(Beginning of Supplied data)

-- ===== src/Runtime/Tests.antt =====
-- Streams over the device's registers, and a driver that takes every request.
use softgpu.Base.{
  ℕ, ◌+◌, ◌<◌, ◌≡◌, ◌≢◌, refl, ◌⊎◌, List, [], ◌∷◌, ◌++◌, length, none, some, true, false, arith,
}
use softgpu.Errno.{ok}
use softgpu.Integers.{pos, negsuc}
use softgpu.Device.{Command, Device, fresh_replay}
use softgpu.Abi.{SubmitArgs, QueryArgs}
use softgpu.Runtime.{sg_ok, invalid_value, Runtime, new_stream}
use softgpu.Runtime.Api.{Queues, Contexts, Buffers, opened}
use softgpu.Runtime.Bind.{bind_channel, unbind_channel}
use softgpu.Runtime.Bindings.{IsBound}
use softgpu.Runtime.StreamChannels.{bind_channel_lem, unbind_channel_lem}
use softgpu.Runtime.DevicePriorities.{device_priorities}
use softgpu.Runtime.Lifecycle.{init, abi_version, first_bind}
use softgpu.Runtime.Closed.{init-IsBound}
use softgpu.Runtime.Submit.{make_cmd, stream_submit, resolve}
use softgpu.Runtime.Entry.{event_record, stream_wait_event}
use softgpu.Runtime.Pending.{Sent, submit_in_order, stream_submit-Sent}
use softgpu.Runtime.Ordering.{Waits, stream_wait_event-event_record}

abbrev nop : Command
nop = record {
  opcode = 0;
  flags = 0;
  dst = 0;
  src0 = 0;
  src1 = 0;
  size = 0;
  arg0 = 0;
  arg1 = 0;
  arg2 = 0;
  value = 0;
  reserved = 0;
}

abbrev quiet : Device
quiet = record {
  num_engines = 2;
  num_channels = 2;
  channel = λ e c. record {
    ring = λ i. nop;
    depth = 8;
    put = 0;
    get = 0;
    sticky_error = ok;
    irq_target = 0;
    last_irq_cycles = 0;
    parked = false;
    fault_fail = ok;
    priority = pos 0;
  };
  replay = λ e c. fresh_replay;
  mixed_priority = false;
  faults = [];
  last_irq = 0;
  irqs = λ e. 0;
  irq_pulses = 0;
  fault_pulses = 0;
  doorbells = λ e. 0;
}

abbrev answer : Device → QueryArgs
answer d = record {
  abi_version = abi_version;
  staging_slots = 4;
  vram_size = 65536;
  staging_chunk = 4096;
  num_engines = d.num_engines;
  num_channels = d.num_channels;
  wait_policy = 3;
  submit_mode = 0;
  spin_ns = 0;
  idle_policy = 2;
  uffd = 0;
  idle_ns = 0;
  priority_least = pos 0;
  priority_greatest = negsuc 6;
  timeslice_ns = 0;
  kmod = 0;
}

abbrev device_contexts : Contexts Device
device_contexts = record {
  drv_open = λ d. (opened 3, d);
  negative = λ d rc h. cc;
  query = λ fd d. (ok, answer d, d);
  drv_close = λ fd d. (ok, d);
}

abbrev fresh : {D : Type 0} → D → Runtime D
fresh d = record {
  fd = negsuc 0;
  managed_coherent = false;
  kmod = false;
  num_engines = 1;
  num_ce = 0;
  num_channels = 1;
  prio_least = pos 0;
  prio_greatest = negsuc 6;
  timeslice_ns = 0;
  sync_flags = 0;
  next_stream_id = 1;
  default_stream = new_stream;
  bind = first_bind;
  streams = λ a. none;
  events = λ a. none;
  drv = d;
}

abbrev started : Runtime Device
started = (init device_contexts (fresh quiet)).1

in_range : (device_priorities).InRange (negsuc 2)
unfolding device_priorities
in_range = (refl, refl)

started-IsBound : IsBound device_priorities started ((0, pos 0) ∷ [])
unfolding init device_priorities
started-IsBound =
    init-IsBound device_contexts device_priorities (fresh quiet) started refl refl refl
      (omega arith) (λ e c. refl)

bind_channel_lem_example :
    let (e, o, rt') = bind_channel device_priorities started (negsuc 2) in
    ((c : ℕ) × (e ≡ sg_ok)
      × (o ≡ some c)
      × IsBound device_priorities rt' ((c, negsuc 2) ∷ (0, pos 0) ∷ []))
    ⊎ ((e ≡ invalid_value)
        × (o ≡ none)
        × (rt' ≡ started)
        × ((c : ℕ)
            → c < started.num_channels
            → ((started.bind c).priority ≢ negsuc 2) × (0 < (started.bind c).users)))
bind_channel_lem_example =
    bind_channel_lem device_priorities started ((0, pos 0) ∷ []) (negsuc 2) started-IsBound in_range

least_in_range : (device_priorities).InRange (pos 0)
unfolding device_priorities
least_in_range = (refl, refl)

unbind_channel_lem_example :
    IsBound device_priorities (unbind_channel device_priorities started 0) []
unbind_channel_lem_example =
    unbind_channel_lem device_priorities started [] [] 0 (pos 0) started-IsBound least_in_range

-- A driver that takes every request and keeps the list.
abbrev taking : Queues (List SubmitArgs)
taking = record {
  submit = λ a l. (ok, record { fence = length l + 1; out_flags = 0 }, l ++ a ∷ []);
  wait = λ w l. (ok, l);
}

abbrev busy : Runtime (List SubmitArgs)
busy = record (fresh []) {
  fd = pos 3;
  default_stream = record new_stream {
    has_tail = true;
    tail = record { engine = 0; channel = 0; value = 7 };
  };
  streams = λ a. some (record new_stream { channel = 1 });
  events =
      λ a. some (record { recorded = false; at = record { engine = 0; channel = 0; value = 0 } });
}

stream_submit-Sent_example :
    let s = record new_stream {
      extra_waits = record { engine = 1; channel = 2; value = 5 } ∷ [];
    } in
    Sent busy s 0 (submit_in_order taking s 0 nop 0 []) (stream_submit taking busy s 0 nop 0)
stream_submit-Sent_example =
    stream_submit-Sent taking busy
      (record new_stream { extra_waits = record { engine = 1; channel = 2; value = 5 } ∷ [] }) 0 nop
      0 refl

stream_wait_event-event_record_example :
    let rt' = (event_record taking busy 8 none).1 in
    let (e, rt'') = stream_wait_event rt' (some 16) 8 in
    let s = resolve rt'' (some 16) in
    let at = (resolve rt' none).tail in
    (e ≡ sg_ok)
    × Waits taking rt'' s 1 (make_cmd 2) 4096 at (stream_submit taking rt'' s 1 (make_cmd 2) 4096)
unfolding event_record
stream_wait_event-event_record_example =
    stream_wait_event-event_record taking busy 8 none (some 16) 1 (make_cmd 2) 4096 refl refl

abbrev device_queues : Queues Device
device_queues = record {
  submit = λ a d. (ok, record { fence = 1; out_flags = 0 }, d);
  wait = λ w d. (ok, d);
}

abbrev device_buffers : Buffers Device
device_buffers = record {
  alloc = λ n d. (ok, 4096, d);
  free = λ a d. (ok, d);
  alloc_managed = λ n d. (ok, (4096, 8192), d);
  pin = λ a n d. (ok, d);
  unpin = λ a d. (ok, d);
  hold = λ h d. d;
  memalign = λ a n d. (some 4096, d);
  release = λ a d. d;
}

abbrev opened_once : Runtime Device
opened_once = record (fresh quiet) { fd = pos 3 }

(End of Supplied data)

The task -
A single number is expected: the count of lines in the preceding entries that contain "taking".

Result for this exercise -
7